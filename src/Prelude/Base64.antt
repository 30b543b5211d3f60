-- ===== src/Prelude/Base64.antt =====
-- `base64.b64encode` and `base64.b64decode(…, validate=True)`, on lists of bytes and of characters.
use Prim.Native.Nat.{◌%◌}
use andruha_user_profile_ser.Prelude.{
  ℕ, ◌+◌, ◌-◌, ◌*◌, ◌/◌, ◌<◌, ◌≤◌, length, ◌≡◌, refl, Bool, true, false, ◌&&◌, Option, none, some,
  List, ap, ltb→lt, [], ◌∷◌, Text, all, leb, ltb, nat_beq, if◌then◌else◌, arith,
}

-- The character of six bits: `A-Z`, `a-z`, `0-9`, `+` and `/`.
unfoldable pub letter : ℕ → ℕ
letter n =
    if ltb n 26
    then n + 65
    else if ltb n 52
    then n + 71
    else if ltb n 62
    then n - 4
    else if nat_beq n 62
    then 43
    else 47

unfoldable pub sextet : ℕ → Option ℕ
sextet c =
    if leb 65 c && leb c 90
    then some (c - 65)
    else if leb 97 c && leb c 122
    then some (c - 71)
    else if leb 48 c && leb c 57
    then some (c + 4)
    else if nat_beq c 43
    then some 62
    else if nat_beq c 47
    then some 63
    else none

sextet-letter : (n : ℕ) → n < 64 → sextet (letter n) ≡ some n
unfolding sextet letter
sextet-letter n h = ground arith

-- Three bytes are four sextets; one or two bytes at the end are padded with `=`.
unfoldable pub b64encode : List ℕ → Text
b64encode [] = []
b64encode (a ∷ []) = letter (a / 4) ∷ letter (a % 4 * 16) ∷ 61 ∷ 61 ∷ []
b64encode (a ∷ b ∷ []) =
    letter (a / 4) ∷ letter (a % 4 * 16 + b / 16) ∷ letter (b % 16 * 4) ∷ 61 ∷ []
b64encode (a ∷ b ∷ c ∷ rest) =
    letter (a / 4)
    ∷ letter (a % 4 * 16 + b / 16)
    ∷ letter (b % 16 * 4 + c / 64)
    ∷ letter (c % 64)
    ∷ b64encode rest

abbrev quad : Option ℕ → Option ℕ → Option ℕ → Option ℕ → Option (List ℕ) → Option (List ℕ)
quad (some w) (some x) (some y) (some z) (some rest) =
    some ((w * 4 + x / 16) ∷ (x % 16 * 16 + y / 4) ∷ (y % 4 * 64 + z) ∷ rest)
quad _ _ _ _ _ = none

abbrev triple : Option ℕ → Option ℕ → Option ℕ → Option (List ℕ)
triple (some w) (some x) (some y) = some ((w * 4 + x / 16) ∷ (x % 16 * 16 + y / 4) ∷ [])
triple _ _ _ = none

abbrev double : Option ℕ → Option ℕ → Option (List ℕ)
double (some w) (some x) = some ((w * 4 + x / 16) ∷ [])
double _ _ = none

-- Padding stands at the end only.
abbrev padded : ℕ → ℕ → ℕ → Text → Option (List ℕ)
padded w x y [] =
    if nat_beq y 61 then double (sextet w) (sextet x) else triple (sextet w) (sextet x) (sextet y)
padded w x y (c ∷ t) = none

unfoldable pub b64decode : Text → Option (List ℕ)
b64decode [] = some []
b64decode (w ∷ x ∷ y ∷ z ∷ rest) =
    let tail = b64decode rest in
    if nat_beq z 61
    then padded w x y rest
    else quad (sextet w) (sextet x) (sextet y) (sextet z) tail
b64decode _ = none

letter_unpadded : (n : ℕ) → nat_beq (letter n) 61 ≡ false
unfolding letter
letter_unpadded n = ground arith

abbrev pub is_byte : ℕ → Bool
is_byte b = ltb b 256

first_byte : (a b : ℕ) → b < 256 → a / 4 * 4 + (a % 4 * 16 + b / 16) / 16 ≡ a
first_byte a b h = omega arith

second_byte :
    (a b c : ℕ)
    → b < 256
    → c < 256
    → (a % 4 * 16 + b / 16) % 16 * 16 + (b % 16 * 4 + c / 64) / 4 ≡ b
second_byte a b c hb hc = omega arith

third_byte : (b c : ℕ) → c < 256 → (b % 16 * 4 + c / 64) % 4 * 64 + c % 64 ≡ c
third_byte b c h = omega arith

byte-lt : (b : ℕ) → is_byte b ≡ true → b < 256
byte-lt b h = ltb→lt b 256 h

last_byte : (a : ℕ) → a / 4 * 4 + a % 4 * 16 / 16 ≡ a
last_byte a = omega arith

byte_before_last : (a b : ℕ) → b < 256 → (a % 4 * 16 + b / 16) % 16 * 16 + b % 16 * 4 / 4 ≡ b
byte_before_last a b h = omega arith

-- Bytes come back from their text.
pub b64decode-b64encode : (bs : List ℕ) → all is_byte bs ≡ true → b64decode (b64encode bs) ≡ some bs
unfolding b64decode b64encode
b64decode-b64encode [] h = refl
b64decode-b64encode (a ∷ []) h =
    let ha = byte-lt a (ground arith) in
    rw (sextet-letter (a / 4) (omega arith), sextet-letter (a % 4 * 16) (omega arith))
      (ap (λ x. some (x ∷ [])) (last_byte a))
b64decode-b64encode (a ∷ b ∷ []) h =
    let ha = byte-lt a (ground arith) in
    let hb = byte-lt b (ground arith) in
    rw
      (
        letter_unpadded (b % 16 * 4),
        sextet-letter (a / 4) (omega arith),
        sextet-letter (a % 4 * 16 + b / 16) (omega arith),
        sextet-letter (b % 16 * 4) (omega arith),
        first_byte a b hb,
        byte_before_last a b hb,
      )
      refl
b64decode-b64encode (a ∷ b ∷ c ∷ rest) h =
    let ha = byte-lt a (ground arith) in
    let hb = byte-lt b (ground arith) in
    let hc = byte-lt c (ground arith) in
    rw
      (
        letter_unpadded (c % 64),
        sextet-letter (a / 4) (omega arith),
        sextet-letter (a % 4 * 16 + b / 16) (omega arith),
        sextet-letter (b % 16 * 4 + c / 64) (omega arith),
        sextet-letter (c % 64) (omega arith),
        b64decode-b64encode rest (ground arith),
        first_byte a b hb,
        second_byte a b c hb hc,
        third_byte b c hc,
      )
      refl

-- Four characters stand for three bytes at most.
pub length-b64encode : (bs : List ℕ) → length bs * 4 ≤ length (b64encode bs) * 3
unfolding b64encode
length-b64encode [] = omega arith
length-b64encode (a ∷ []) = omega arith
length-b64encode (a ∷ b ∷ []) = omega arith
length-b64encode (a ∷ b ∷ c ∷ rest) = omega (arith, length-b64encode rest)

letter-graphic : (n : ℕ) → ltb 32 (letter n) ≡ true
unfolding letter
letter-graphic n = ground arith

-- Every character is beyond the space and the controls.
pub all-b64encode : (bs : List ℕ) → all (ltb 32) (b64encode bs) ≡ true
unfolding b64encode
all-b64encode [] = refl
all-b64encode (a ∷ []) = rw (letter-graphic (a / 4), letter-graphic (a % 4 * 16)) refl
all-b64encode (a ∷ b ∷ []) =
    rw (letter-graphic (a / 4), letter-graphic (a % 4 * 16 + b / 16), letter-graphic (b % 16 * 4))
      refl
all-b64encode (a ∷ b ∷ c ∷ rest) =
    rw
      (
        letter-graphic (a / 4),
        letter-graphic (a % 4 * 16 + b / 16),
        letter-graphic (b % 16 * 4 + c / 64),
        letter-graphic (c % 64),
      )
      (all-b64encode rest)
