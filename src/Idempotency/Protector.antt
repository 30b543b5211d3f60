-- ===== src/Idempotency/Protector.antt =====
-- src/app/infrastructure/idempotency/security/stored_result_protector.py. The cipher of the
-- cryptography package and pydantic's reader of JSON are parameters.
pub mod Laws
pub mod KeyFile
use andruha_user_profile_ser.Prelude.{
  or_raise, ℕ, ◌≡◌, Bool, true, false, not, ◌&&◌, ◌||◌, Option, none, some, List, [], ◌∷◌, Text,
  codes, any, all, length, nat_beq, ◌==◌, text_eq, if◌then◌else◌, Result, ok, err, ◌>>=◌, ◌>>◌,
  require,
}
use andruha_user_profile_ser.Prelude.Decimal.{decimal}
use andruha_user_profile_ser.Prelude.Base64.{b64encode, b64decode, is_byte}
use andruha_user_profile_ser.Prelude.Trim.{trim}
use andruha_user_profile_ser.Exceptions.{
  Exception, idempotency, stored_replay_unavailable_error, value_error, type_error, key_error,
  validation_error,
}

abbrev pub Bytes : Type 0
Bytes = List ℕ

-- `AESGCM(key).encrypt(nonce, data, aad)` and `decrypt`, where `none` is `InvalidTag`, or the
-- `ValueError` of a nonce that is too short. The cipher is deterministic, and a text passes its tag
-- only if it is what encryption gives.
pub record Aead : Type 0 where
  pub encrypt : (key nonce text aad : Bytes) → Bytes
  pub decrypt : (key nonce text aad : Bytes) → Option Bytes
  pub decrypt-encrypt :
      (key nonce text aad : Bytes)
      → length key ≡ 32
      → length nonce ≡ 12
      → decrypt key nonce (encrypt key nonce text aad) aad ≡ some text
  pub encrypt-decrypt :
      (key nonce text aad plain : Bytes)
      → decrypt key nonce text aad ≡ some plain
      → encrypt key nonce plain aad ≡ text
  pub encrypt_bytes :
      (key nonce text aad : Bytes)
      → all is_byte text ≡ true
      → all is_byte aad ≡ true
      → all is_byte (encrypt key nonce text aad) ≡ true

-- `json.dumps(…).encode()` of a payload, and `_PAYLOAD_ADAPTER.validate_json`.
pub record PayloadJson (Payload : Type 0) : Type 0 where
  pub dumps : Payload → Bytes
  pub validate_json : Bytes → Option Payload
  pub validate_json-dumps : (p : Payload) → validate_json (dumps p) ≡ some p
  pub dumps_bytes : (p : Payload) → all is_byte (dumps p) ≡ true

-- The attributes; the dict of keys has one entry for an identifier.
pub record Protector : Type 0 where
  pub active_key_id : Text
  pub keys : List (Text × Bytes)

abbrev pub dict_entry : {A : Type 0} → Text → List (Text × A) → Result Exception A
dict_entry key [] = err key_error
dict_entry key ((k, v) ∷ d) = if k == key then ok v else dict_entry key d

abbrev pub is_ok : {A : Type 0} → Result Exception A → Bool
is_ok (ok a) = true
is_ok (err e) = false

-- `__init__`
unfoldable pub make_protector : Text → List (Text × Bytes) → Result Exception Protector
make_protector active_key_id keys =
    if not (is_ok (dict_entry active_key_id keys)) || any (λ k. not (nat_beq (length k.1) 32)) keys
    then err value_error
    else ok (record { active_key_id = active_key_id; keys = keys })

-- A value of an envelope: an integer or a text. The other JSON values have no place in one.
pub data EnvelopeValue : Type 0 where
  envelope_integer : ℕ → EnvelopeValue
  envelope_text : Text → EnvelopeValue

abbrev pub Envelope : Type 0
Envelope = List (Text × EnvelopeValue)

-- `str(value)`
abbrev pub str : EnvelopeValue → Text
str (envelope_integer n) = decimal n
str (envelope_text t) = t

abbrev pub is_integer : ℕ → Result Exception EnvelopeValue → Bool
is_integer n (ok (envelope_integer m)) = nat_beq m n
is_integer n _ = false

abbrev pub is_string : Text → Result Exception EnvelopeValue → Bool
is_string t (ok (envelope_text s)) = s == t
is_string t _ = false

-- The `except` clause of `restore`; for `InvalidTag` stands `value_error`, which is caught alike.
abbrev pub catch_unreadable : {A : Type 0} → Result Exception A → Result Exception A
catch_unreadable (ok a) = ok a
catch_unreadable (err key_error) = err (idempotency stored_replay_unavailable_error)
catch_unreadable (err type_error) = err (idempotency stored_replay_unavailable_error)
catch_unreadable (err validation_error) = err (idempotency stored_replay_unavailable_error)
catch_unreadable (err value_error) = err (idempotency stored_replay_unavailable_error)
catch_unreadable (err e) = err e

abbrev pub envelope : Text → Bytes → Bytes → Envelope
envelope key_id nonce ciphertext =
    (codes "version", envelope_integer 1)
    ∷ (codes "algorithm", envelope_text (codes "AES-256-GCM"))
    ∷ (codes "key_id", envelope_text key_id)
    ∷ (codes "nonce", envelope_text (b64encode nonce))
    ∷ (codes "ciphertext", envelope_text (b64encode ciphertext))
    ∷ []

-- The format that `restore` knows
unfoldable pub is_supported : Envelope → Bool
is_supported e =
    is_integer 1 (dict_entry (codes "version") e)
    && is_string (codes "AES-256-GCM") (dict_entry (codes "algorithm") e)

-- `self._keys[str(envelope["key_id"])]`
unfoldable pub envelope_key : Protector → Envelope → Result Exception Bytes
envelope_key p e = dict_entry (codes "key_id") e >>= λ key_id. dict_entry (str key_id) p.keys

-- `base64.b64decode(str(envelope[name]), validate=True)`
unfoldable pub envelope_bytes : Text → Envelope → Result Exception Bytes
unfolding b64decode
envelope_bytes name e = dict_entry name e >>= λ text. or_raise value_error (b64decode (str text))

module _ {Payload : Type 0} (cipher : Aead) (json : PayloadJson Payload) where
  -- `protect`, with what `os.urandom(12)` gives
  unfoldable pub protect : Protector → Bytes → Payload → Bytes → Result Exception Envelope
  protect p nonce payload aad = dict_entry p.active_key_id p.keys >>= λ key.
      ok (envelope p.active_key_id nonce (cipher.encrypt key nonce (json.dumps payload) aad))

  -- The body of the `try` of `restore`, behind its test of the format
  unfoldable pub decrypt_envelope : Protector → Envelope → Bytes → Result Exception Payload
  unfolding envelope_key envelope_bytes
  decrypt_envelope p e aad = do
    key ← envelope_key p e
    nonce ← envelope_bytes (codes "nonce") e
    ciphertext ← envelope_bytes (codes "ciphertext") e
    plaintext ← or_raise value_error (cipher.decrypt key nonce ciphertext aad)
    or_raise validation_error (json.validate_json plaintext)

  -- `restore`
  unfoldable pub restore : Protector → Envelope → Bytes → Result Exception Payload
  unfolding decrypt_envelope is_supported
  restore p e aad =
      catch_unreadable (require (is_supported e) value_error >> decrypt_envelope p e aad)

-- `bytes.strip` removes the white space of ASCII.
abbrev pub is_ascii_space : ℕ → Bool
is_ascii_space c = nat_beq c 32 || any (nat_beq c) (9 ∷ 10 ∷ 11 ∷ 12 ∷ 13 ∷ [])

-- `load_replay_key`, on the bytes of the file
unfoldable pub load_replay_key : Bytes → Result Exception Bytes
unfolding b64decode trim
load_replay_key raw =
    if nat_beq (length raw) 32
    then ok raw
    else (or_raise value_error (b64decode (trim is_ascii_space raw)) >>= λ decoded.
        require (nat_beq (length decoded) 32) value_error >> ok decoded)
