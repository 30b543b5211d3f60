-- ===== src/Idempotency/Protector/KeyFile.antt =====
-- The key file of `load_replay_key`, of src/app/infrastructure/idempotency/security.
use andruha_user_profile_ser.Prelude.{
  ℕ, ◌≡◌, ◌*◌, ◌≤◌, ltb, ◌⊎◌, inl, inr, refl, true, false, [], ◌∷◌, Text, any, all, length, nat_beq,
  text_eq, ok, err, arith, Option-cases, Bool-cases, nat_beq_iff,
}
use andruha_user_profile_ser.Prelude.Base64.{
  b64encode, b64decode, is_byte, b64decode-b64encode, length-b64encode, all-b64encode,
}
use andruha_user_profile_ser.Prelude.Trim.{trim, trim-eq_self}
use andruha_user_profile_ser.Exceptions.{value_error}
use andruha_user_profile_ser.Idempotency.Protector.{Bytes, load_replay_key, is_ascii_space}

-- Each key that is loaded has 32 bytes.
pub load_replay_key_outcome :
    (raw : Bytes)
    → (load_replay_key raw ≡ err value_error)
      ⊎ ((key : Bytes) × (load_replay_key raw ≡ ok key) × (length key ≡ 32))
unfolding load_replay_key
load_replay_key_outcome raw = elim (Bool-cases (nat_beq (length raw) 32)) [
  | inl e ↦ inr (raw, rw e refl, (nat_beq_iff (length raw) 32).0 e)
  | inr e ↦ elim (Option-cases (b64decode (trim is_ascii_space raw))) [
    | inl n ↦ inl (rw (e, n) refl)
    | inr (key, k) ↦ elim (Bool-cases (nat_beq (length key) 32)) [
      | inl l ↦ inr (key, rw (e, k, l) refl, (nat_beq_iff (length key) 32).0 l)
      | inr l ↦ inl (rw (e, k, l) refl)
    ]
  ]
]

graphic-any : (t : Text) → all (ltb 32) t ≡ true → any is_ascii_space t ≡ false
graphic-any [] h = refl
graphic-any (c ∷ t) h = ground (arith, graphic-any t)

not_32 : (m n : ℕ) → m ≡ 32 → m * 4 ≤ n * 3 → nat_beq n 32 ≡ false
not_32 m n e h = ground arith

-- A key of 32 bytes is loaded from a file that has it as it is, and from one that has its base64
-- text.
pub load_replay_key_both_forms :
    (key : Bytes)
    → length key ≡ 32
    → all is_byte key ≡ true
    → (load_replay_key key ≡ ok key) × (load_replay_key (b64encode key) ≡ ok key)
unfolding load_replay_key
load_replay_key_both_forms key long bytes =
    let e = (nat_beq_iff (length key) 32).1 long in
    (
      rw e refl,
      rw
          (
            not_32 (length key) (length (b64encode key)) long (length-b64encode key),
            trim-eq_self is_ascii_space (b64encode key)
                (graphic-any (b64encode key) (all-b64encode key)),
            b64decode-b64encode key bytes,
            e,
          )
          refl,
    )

++++

REQUIRED WORK =>
Copy out each line of the listing where the string "InvalidTag" appears.

TASK SOLUTION =>
-- `AESGCM(key).encrypt(nonce, data, aad)` and `decrypt`, where `none` is `InvalidTag`, or the
-- The `except` clause of `restore`; for `InvalidTag` stands `value_error`, which is caught alike.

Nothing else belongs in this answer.